EXHIBITIONS

Facets of time
06/07/2014 - 26/07/2014
Facets of time
Jon Mincu
A Berlin based artist, who shows artwork over a period of about thirty years. They are the results of a reflexive and introspective consideration of lived time, starting with a difficult past to the complex present. Some of his paintings were inspired by the German literature. Mincu is a master various techniques such as oil on canvas, etchings, lithographs, ink, pen, woodcuts and watercolors are part of his repertoire.
His works and techniques convey different facets of an individual, Mincu’s specific artistic expression.

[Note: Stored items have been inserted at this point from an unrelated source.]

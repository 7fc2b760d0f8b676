-- ===== src/Metrics/Emitter.antt =====
-- metrics/emitter.py. The broker keeps the messages of the metrics queue; whether each of the next
-- connections and publications fails is a schedule, and nothing fails when it is over.
pub mod Pipeline
use tengen.Prelude.{
  ℕ, zero, suc, ◌+◌, ◌-◌, ◌*◌, ◌/◌, ◌%◌, ◌≤◌, ◌<◌, String, Bool, true, false, not, ◌&&◌, ◌||◌,
  Option, none, some, List, [], ◌∷◌, ◌++◌, ◌≡◌, ◌≢◌, refl, sym, ap, subst, ◌∙◌, ◌⊎◌, inl, inr, ◌↔◌,
  Result, ok, raised, Done, ◌>>=◌, if◌then◌else◌, ◌==◌, eq_iff, arith, map, append-nil,
  append_assoc, is_some, get_or, length, all, any, All, Dict, lookup, insert, eqb, ltb, leb, one_of,
  Bool-cases, Option-cases, type_error, attribute_error, key_error, index_error, value_error,
  runtime_error, is_ok, value_or, some-injective, ok-injective,
}
use tengen.Value.{Value, Fields, str, obj, field, end}

-- `self._connection` and `self._channel`: `None`, or whether it is open
pub data Link : Type 0 where
  absent opened closed : Link

abbrev pub is_open : Link → Bool
is_open opened = true
is_open absent = false
is_open closed = false

pub record MetricsEmitter : Type 0 where
  pub connection : Link
  pub channel : Link
  pub sent : List Value
  pub connection_faults : List Bool
  pub publish_faults : List Bool

unfoldable pub reset : MetricsEmitter → MetricsEmitter
reset m = record m { connection = absent; channel = absent }

abbrev pub first_fault : List Bool → Bool
first_fault [] = false
first_fault (fault ∷ faults) = fault

abbrev pub later_faults : List Bool → List Bool
later_faults [] = []
later_faults (fault ∷ faults) = faults

-- A new connection with its channel, or whatever the broker raised
abbrev pub connect : MetricsEmitter → Bool × MetricsEmitter
connect m =
    let m' = record m { connection_faults = later_faults m.connection_faults } in
    if first_fault m.connection_faults
    then (false, reset m')
    else (true, record m' { connection = opened; channel = opened })

unfoldable pub ensure_connected : MetricsEmitter → Bool × MetricsEmitter
unfolding reset
ensure_connected m = if is_open m.connection && is_open m.channel then (true, m) else connect m

-- `data or {}`
abbrev pub data_or_empty : Option Fields → Fields
data_or_empty none = end
data_or_empty (some fs) = fs

abbrev pub message : String → String → Option Fields → Value
message now event fields = obj (
    field "event" (str event)
      (field "ts" (str now) (field "data" (obj (data_or_empty fields)) end)))

abbrev pub basic_publish : Value → MetricsEmitter → MetricsEmitter
basic_publish body m =
    let m' = record m { publish_faults = later_faults m.publish_faults } in
    if first_fault m.publish_faults then reset m' else record m' { sent = m.sent ++ body ∷ [] }

abbrev pub publish_if : Value → Bool × MetricsEmitter → MetricsEmitter
publish_if body (false, m) = m
publish_if body (true, m) = basic_publish body m

unfoldable pub emit : String → String → Option Fields → MetricsEmitter → MetricsEmitter
unfolding ensure_connected
emit now event fields m = publish_if (message now event fields) (ensure_connected m)

-- `close`: what closing raises is passed over.
unfoldable pub close : MetricsEmitter → MetricsEmitter
unfolding reset
close m = reset m

-- Events that are emitted one after another
unfoldable pub emit_all : String → List (String × Option Fields) → MetricsEmitter → MetricsEmitter
unfolding emit
emit_all now [] m = m
emit_all now ((event, fields) ∷ es) m = emit_all now es (emit now event fields m)
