-- ===== src/Metrics/Store/Keys.antt =====
-- The keys of a Python dictionary: a value can be hashed unless it is a dictionary or a list, and
-- numbers are one key when they are equal, of whatever type they are.
use tengen.Prelude.{
  ℕ, zero, suc, ◌+◌, ◌-◌, ◌/◌, ◌%◌, String, Bool, true, false, ◌&&◌, ◌≡◌, refl, ap, ◌↔◌, Result, ok,
  raised, if◌then◌else◌, ◌==◌, eq_iff, arith, eqb, type_error,
}
use tengen.Value.{Value, ℤ, pos, negsuc, str, bool, int, float, obj, arr, null}

pub data Key : Type 0 where
  named : String → Key
  number : ℤ → ℕ → Key
  nothing : Key

abbrev is_even : ℕ → Bool
is_even n = eqb (n % 2) 0

-- The number m / 2 ^ k in lowest terms
unfoldable pub lowest : ℤ → ℕ → Key
lowest z zero = number z 0
lowest (pos n) (suc k) =
    let halved = lowest (pos (n / 2)) k in if is_even n then halved else number (pos n) (suc k)
lowest (negsuc n) (suc k) =
    let halved = lowest (negsuc ((n + 1) / 2 - 1)) k in
    if is_even (n + 1) then halved else number (negsuc n) (suc k)

unfoldable pub key_of : Value → Result Key
unfolding lowest
key_of (str s) = ok (named s)
key_of (bool true) = ok (number (pos 1) 0)
key_of (bool false) = ok (number (pos 0) 0)
key_of (int z) = ok (number z 0)
key_of (float z k) = ok (lowest z k)
key_of null = ok nothing
key_of (obj fs) = raised type_error
key_of (arr vs) = raised type_error

abbrev same_int : ℤ → ℤ → Bool
same_int (pos m) (pos n) = eqb m n
same_int (negsuc m) (negsuc n) = eqb m n
same_int _ _ = false

abbrev pub same : Key → Key → Bool
same (named s) (named t) = s == t
same (number y j) (number z k) = same_int y z && eqb j k
same nothing nothing = true
same _ _ = false

-- Whether a value is found under the key
abbrev pub is_under : Key → Result Key → Bool
is_under k (ok j) = same k j
is_under k (raised e) = false

unfoldable pub is_key : Key → Value → Bool
unfolding key_of
is_key k v = is_under k (key_of v)

same_int_iff : (y z : ℤ) → (same_int y z ≡ true) ↔ (y ≡ z)
same_int_iff (pos m) (pos n) = ground arith
same_int_iff (negsuc m) (negsuc n) = ground arith
same_int_iff (pos m) (negsuc n) = ground arith
same_int_iff (negsuc m) (pos n) = ground arith

-- Two keys are found under each other only when they are one.
pub same_iff : (j k : Key) → (same j k ≡ true) ↔ (j ≡ k)
same_iff (named s) (named t) = ground (arith, eq_iff s t)
same_iff (named s) (number z k) = ground arith
same_iff (named s) nothing = ground arith
same_iff (number y j) (named t) = ground arith
same_iff (number y j) (number z k) = ground (arith, same_int_iff y z)
same_iff (number y j) nothing = ground arith
same_iff nothing (named t) = ground arith
same_iff nothing (number z k) = ground arith
same_iff nothing nothing = ground arith

pub is_key-key_of : (j k : Key) (v : Value) → key_of v ≡ ok k → is_key j v ≡ same j k
unfolding is_key
is_key-key_of j k v h = ap (is_under j) h

under-same : (j k : Key) (r : Result Key) → is_under k r ≡ true → is_under j r ≡ same j k
under-same j k (ok i) h = ground (arith, same_iff k i)
under-same j k (raised e) h = ground arith

-- A value that is found under a key has no other.
pub is_key-same : (j k : Key) (v : Value) → is_key k v ≡ true → is_key j v ≡ same j k
unfolding is_key
is_key-same j k v h = under-same j k (key_of v) h

pub is_key-named : (s t : String) → is_key (named s) (str t) ≡ (t == s)
unfolding is_key key_of
is_key-named s t = ground (arith, eq_iff s t, eq_iff t s)

pub key_of-str : (s : String) → key_of (str s) ≡ ok (named s)
unfolding key_of
key_of-str s = refl

pub same-named : (s t : String) → same (named s) (named t) ≡ (t == s)
same-named s t = ground (arith, eq_iff s t, eq_iff t s)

His artworks are considered successful examples of cultural understanding through cultural and national boundaries.
For Mincu art is also a means of communication from soul to soul; it is a kind of language, placed into essential sort of language.
So Mincu says:
"Art has accompanied my years of life and enriched it. You want to communicate the joy, to see art, to the others, because - as Ernst Barlach said - "Every art has two. Someone who makes it and someone who needs it".
 
Alakbar Rzaguliyev
Life - more precisely, life under the Soviet system - was not kind to artist Alakbar Rzaguliyev (1903-1974). During the Stalinist repressions, Rzaguliyev was arrested three times for supposedly spreading pan-Turkish ideas. Suffering the fate of thousands of other intellectuals and creative geniuses, he spent the majority of his adult life in prison and exile, nearly 25 years. Perhaps the worst aspect of Rzaguliyev's sentence was the fact that he was not allowed to pursue his dream of becoming an artist. By the time he was free to return to Azerbaijan in 1956 after Stalin had died, he was desperately out of practice, psychologically broken and too weak even to hold a pencil.

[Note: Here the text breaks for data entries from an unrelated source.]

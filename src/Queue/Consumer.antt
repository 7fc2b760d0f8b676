-- ===== src/Queue/Consumer.antt =====
-- queue/rabbitmq_consumer.py: `_on_message`, and the consumption of a queue's messages.
use tengen.Prelude.{Bool, true, false, Option, none, some, ok, raised, Done}
use tengen.Value.{Value}
use tengen.Models.Alert.{Alert, AlertCodec}

-- What the consumer tells the broker of a delivery.
pub data Reply : Type 0 where
  ack : Reply
  nack : Bool → Reply

-- The answer to a callback that returned or raised
abbrev pub reply_to : Done → Reply
reply_to (ok _) = ack
reply_to (raised _) = nack true

-- `callback` acts on a state and may raise; what it did before stays done.
module _ {S : Type 0} (codec : AlertCodec) (callback : Alert → S → Done × S) where
  abbrev deliver : Option Alert → S → Reply × S
  deliver none s = (nack false, s)
  deliver (some alert) s = let (r, s') = callback alert s in (reply_to r, s')

  unfoldable pub on_message : Value → S → Reply × S
  on_message body s = deliver (codec.validate body) s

Despite the odds, Rzaguliyev worked tenaciously to develop his talent and make a name for himself. He became well known for his art, especially for his remarkable series of black-and-white linoleum prints depicting scenes from turn-of-the-century Baku.
Living so long inside those prison walls left its mark on Rzaguliyev's works - but not as one might think. Most of his prints glorify work, in the sense that the artist invites us to appreciate the mundane, ordinary and sheer physical process of creating with one's own hands and mind.

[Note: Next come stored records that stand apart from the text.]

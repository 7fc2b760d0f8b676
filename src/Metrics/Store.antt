-- ===== src/Metrics/Store.antt =====
-- dashboard/metrics_store.py and dashboard/metrics_consumer.py: the counters, their rows in SQLite,
-- and the messages that count.
pub mod Keys
pub mod Buckets
pub mod Targets
pub mod Counting
pub mod Rows
use tengen.Prelude.{
  ℕ, zero, suc, ◌+◌, ◌-◌, ◌*◌, ◌/◌, ◌%◌, ◌≤◌, ◌<◌, String, Bool, true, false, not, ◌&&◌, ◌||◌,
  Option, none, some, List, [], ◌∷◌, ◌++◌, ◌≡◌, ◌≢◌, refl, sym, ap, ◌∙◌, ◌⊎◌, inl, inr, ◌↔◌, Result,
  ok, raised, Done, ◌>>=◌, if◌then◌else◌, ◌==◌, eq_iff, arith, map, append-nil, append_assoc,
  is_some, get_or, length, all, any, All, Dict, lookup, insert, eqb, ltb, leb, one_of, Bool-cases,
  Option-cases, type_error, attribute_error, key_error, index_error, value_error, runtime_error,
  is_ok, value_or, some-injective, ok-injective,
}
use tengen.Value.{Value, str, obj, get, get_in, is_text, empty_obj}
use tengen.Text.{cat, partition}
use tengen.Metrics.Store.Keys.{Key, key_of, is_key}
use Prim.Native.String.{String, []}
use Prim.Native.Nat.{ℕ}
use tengen.Queue.Consumer.{Reply, nack, ack}

-- A counter: its keys as they were first given, and their counts
abbrev pub Counter : Type 0
Counter = List (Value × ℕ)

-- The seven counters of the store
pub data Bucket : Type 0 where
  route_counts runbook_success runbook_error alert_ingested dlq_counts : Bucket
  containment_executed normalization_counts : Bucket

pub record MetricsStore : Type 0 where
  pub route_counts : Counter
  pub runbook_success : Counter
  pub runbook_error : Counter
  pub alert_ingested : Counter
  pub dlq_counts : Counter
  pub containment_executed : Counter
  pub normalization_counts : Counter

-- `counter.get(key, 0)`
unfoldable pub count : Key → Counter → ℕ
count k [] = 0
count k ((v, n) ∷ c) = if is_key k v then n else count k c

-- `counter[key] = n`: a key keeps its place and its first spelling.
unfoldable pub put : Key → Value → ℕ → Counter → Counter
put k v n [] = (v, n) ∷ []
put k v n ((w, m) ∷ c) = if is_key k w then (w, n) ∷ c else (w, m) ∷ put k v n c

-- The key is hashed before anything is counted: a dictionary or a list raises.
unfoldable pub increment : Value → ℕ → Counter → Result Counter
unfolding count put key_of
increment v amount c = key_of v >>= λ k. ok (put k v (count k c + amount) c)

abbrev pub bucket_of : Bucket → MetricsStore → Counter
bucket_of Bucket.route_counts s = s.route_counts
bucket_of Bucket.runbook_success s = s.runbook_success
bucket_of Bucket.runbook_error s = s.runbook_error
bucket_of Bucket.alert_ingested s = s.alert_ingested
bucket_of Bucket.dlq_counts s = s.dlq_counts
bucket_of Bucket.containment_executed s = s.containment_executed
bucket_of Bucket.normalization_counts s = s.normalization_counts

abbrev pub with_bucket : Bucket → Counter → MetricsStore → MetricsStore
with_bucket Bucket.route_counts c s = record s { route_counts = c }
with_bucket Bucket.runbook_success c s = record s { runbook_success = c }
with_bucket Bucket.runbook_error c s = record s { runbook_error = c }
with_bucket Bucket.alert_ingested c s = record s { alert_ingested = c }
with_bucket Bucket.dlq_counts c s = record s { dlq_counts = c }
with_bucket Bucket.containment_executed c s = record s { containment_executed = c }
with_bucket Bucket.normalization_counts c s = record s { normalization_counts = c }

-- The counter and the field of the data that name what an event counts
unfoldable pub target_counter : Value → Option (Bucket × String)
unfolding is_text
target_counter e =
    if is_text e "alert_ingested"
    then some (Bucket.alert_ingested, "source")
    else if is_text e "route_matched"
    then some (Bucket.route_counts, "route")
    else if is_text e "dlq_enqueued"
    then some (Bucket.dlq_counts, "reason")
    else if is_text e "runbook_success"
    then some (Bucket.runbook_success, "runbook")
    else if is_text e "runbook_error"
    then some (Bucket.runbook_error, "runbook")
    else if is_text e "containment_executed"
    then some (Bucket.containment_executed, "action")
    else if is_text e "event_normalized"
    then some (Bucket.normalization_counts, "source_type")
    else none

-- The counter after an increment that returned goes back into the store.
abbrev pub stored : Bucket → MetricsStore → Result Counter → Done × MetricsStore
stored b s (raised e) = (raised e, s)
stored b s (ok c) = (ok tt, with_bucket b c s)

abbrev pub record_target : Option (Bucket × String) → Value → MetricsStore → Done × MetricsStore
record_target none fields s = (ok tt, s)
record_target (some (b, name)) fields s =
    stored b s (get_in fields name (str "unknown") >>= λ v. increment v 1 (bucket_of b s))

unfoldable pub record_event : Value → Value → MetricsStore → Done × MetricsStore
unfolding target_counter increment get_in
record_event event fields s = record_target (target_counter event) fields s

-- `on_message`: `none` is a body that is not JSON.
abbrev pub reply_to : Done × MetricsStore → Reply × MetricsStore
reply_to (ok _, s) = (ack, s)
reply_to (raised _, s) = (nack false, s)

abbrev pub record_message : Value → MetricsStore → Done × MetricsStore
record_message (obj msg) s = record_event (get "event" (str "") msg) (get "data" empty_obj msg) s
record_message _ s = (raised attribute_error, s)

unfoldable pub on_message : Option Value → MetricsStore → Reply × MetricsStore
unfolding record_event get
on_message none s = (nack false, s)
on_message (some msg) s = reply_to (record_message msg s)

-- `start_consuming`: the messages of the queue, one after another
unfoldable pub drain : List (Option Value) → MetricsStore → List Reply × MetricsStore
unfolding on_message
drain [] s = ([], s)
drain (body ∷ bodies) s =
    let (reply, s') = on_message body s in
    let (replies, s'') = drain bodies s' in (reply ∷ replies, s'')

-- The names of the counters, in the order of the snapshot
abbrev pub bucket_name : Bucket → String
bucket_name Bucket.route_counts = "route_counts"
bucket_name Bucket.runbook_success = "runbook_success"
bucket_name Bucket.runbook_error = "runbook_error"
bucket_name Bucket.alert_ingested = "alert_ingested"
bucket_name Bucket.dlq_counts = "dlq_counts"
bucket_name Bucket.containment_executed = "containment_executed"
bucket_name Bucket.normalization_counts = "normalization_counts"

abbrev pub buckets : List Bucket
buckets =
    Bucket.route_counts ∷ Bucket.runbook_success ∷ Bucket.runbook_error ∷ Bucket.alert_ingested
    ∷ Bucket.dlq_counts ∷ Bucket.containment_executed ∷ Bucket.normalization_counts ∷ []

unfoldable pub bucket_by_name : String → Option Bucket
bucket_by_name name =
    if name == "route_counts"
    then some Bucket.route_counts
    else if name == "runbook_success"
    then some Bucket.runbook_success
    else if name == "runbook_error"
    then some Bucket.runbook_error
    else if name == "alert_ingested"
    then some Bucket.alert_ingested
    else if name == "dlq_counts"
    then some Bucket.dlq_counts
    else if name == "containment_executed"
    then some Bucket.containment_executed
    else if name == "normalization_counts"
    then some Bucket.normalization_counts
    else none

Many of his prints depict workers going about their everyday chores - shoeing water buffalo, loading hay on wagons, making flatbread (lavash) or even slitting the bellies of sturgeon to harvest caviar.

The artist Jon Mincu is present at the opening.
Galerie Berlin-Baku GmbH
Großgörschenstrasse 7, 10827 Berlin
Tel. +49 30 - 23 63 55 56
info@galeriebb.de
gallery closed from 28.7.2018 (summerbreak)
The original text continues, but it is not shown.